Quick Reference: Test Selection Guide
Statistical test selection by study design:
| Design | Parametric Test | Non-Parametric Alternative | Post-Hoc |
|---|---|---|---|
| 2 groups, independent | Unpaired t-test | Mann-Whitney U | N/A |
| 2 groups, paired/matched | Paired t-test | Wilcoxon signed-rank | N/A |
| 3+ groups, 1 factor | One-way ANOVA | Kruskal-Wallis | Tukey / Dunnett / Dunn |
| 2 factors (e.g., drug × sex) | Two-way ANOVA | N/A (use RM for within) | Tukey / Dunnett |
| 3+ groups, repeated measures | RM-ANOVA / Mixed-effects | Friedman test | Tukey / Dunn |
| Survival / time-to-event | Log-rank (Kaplan-Meier) | — | Bonferroni (multiple curves) |
| Ordinal scores (histology) | N/A | Kruskal-Wallis | Dunn's test |
| Correlation (two continuous) | Pearson r | Spearman ρ | N/A |
Putting It Together: A Sample Protocol Statistics Section
For a standard GH axis study with 4 groups (vehicle, CJC-1295 No DAC, ipamorelin, combination) and n = 10 per group: (1) Power analysis: based on published IGF-1 CV% of 28% and expected combination-group elevation of 65% from vehicle, G*Power one-way ANOVA f = 0.38, α = 0.05, power = 0.80 calculates n = 10 per group. (2) Primary endpoint: IGF-1 (ng/mL) at 6 weeks, analyzed by one-way ANOVA with Tukey's post-hoc (all-pairwise). (3) Secondary endpoints: body weight AUC (one-way ANOVA + Dunnett vs vehicle), fasting glucose (one-way ANOVA + Dunnett vs vehicle). (4) Outlier exclusion: Grubbs test at α = 0.05, pre-specified. (5) Data shown as mean ± SEM with individual data points, exact p-values reported.

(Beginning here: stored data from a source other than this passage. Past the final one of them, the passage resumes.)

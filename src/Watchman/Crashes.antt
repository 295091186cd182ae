-- ===== src/Watchman/Crashes.antt =====
-- Runs of crashes: when the supervisor gives up, and what a restart keeps.
use knarr.Prelude.{
  ℕ, ◌+◌, ◌≤◌, ◌<◌, ◌≡◌, refl, ap, true, none, some, List, [], ◌∷◌, arith, ltb, leb, length, All,
  Bool-cases, inl, inr,
}
use knarr.Watchman.Defs.{Settings, Supervisor, start, spawn, backoff, begin_restart, next_count}
use knarr.Watchman.Reach.{begin_restart-over, begin_restart-within}

-- `_monitor_loop` over processes that crash after the given uptimes, one after the other
unfoldable pub crash_run : Settings → List ℕ → Supervisor → Supervisor
crash_run c [] s = s
crash_run c (uptime ∷ uptimes) s =
    let now = s.start_time + uptime in
    let (s', slept) = begin_restart c now s in
    elim slept [ none ↦ s' | some d ↦ crash_run c uptimes (spawn (now + d) s') ]

crash_run-running :
    (c : Settings) (uptimes : List ℕ) (s : Supervisor)
    → All (λ uptime. uptime < c.backoff_reset_uptime) uptimes
    → s.running ≡ true
    → s.restart_count ≤ c.max_restarts
    → (crash_run c uptimes s).running ≡ leb (s.restart_count + length uptimes) c.max_restarts
unfolding crash_run
crash_run-running c [] s short e h = ground arith
crash_run-running c (uptime ∷ uptimes) s short e h =
    let now = s.start_time + uptime in
    let next : next_count c now s ≡ s.restart_count + 1 =
      unfold next_count in ground (arith, short.0) in
    elim (Bool-cases (ltb c.max_restarts (next_count c now s))) [
      | inl over ↦
          rw (begin_restart-over c now s over, crash_run)
            (ground (arith, next, ap (λ r. r.0.running) (begin_restart-over c now s over)))
      | inr within ↦
          let count = next_count c now s in
          let s' : Supervisor =
            spawn (now + backoff c count) (record s { restart_count = count }) in
          let ih =
            crash_run-running c uptimes s' short.1 (unfold spawn in e)
              (unfold spawn in ground arith) in
          let count' : s'.restart_count ≡ count = unfold spawn in refl in
          rw (begin_restart-within c now s within, crash_run)
            (ground (
              arith,
              ih,
              next,
              count',
              ap (λ r. (crash_run c uptimes (spawn (now + backoff c count) r.0)).running)
                  (begin_restart-within c now s within),
            ))
    ]

-- When each process crashes before the uptime that resets the backoff, the supervisor runs on
-- exactly while there have been no more crashes than max_restarts.
pub crash_run-gives_up :
    (c : Settings) (now : ℕ) (uptimes : List ℕ)
    → All (λ uptime. uptime < c.backoff_reset_uptime) uptimes
    → (crash_run c uptimes (start now)).running ≡ leb (length uptimes) c.max_restarts
unfolding start spawn
crash_run-gives_up c now uptimes short =
    ground (arith, crash_run-running c uptimes (start now) short refl (ground arith))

This level of statistical pre-specification is increasingly required by journals and is foundational to reproducible peptide research. The tools discussed — G*Power for planning, GraphPad Prism or R for analysis — are available free or low-cost, and the principles above apply to any compound or endpoint encountered in preclinical peptide work.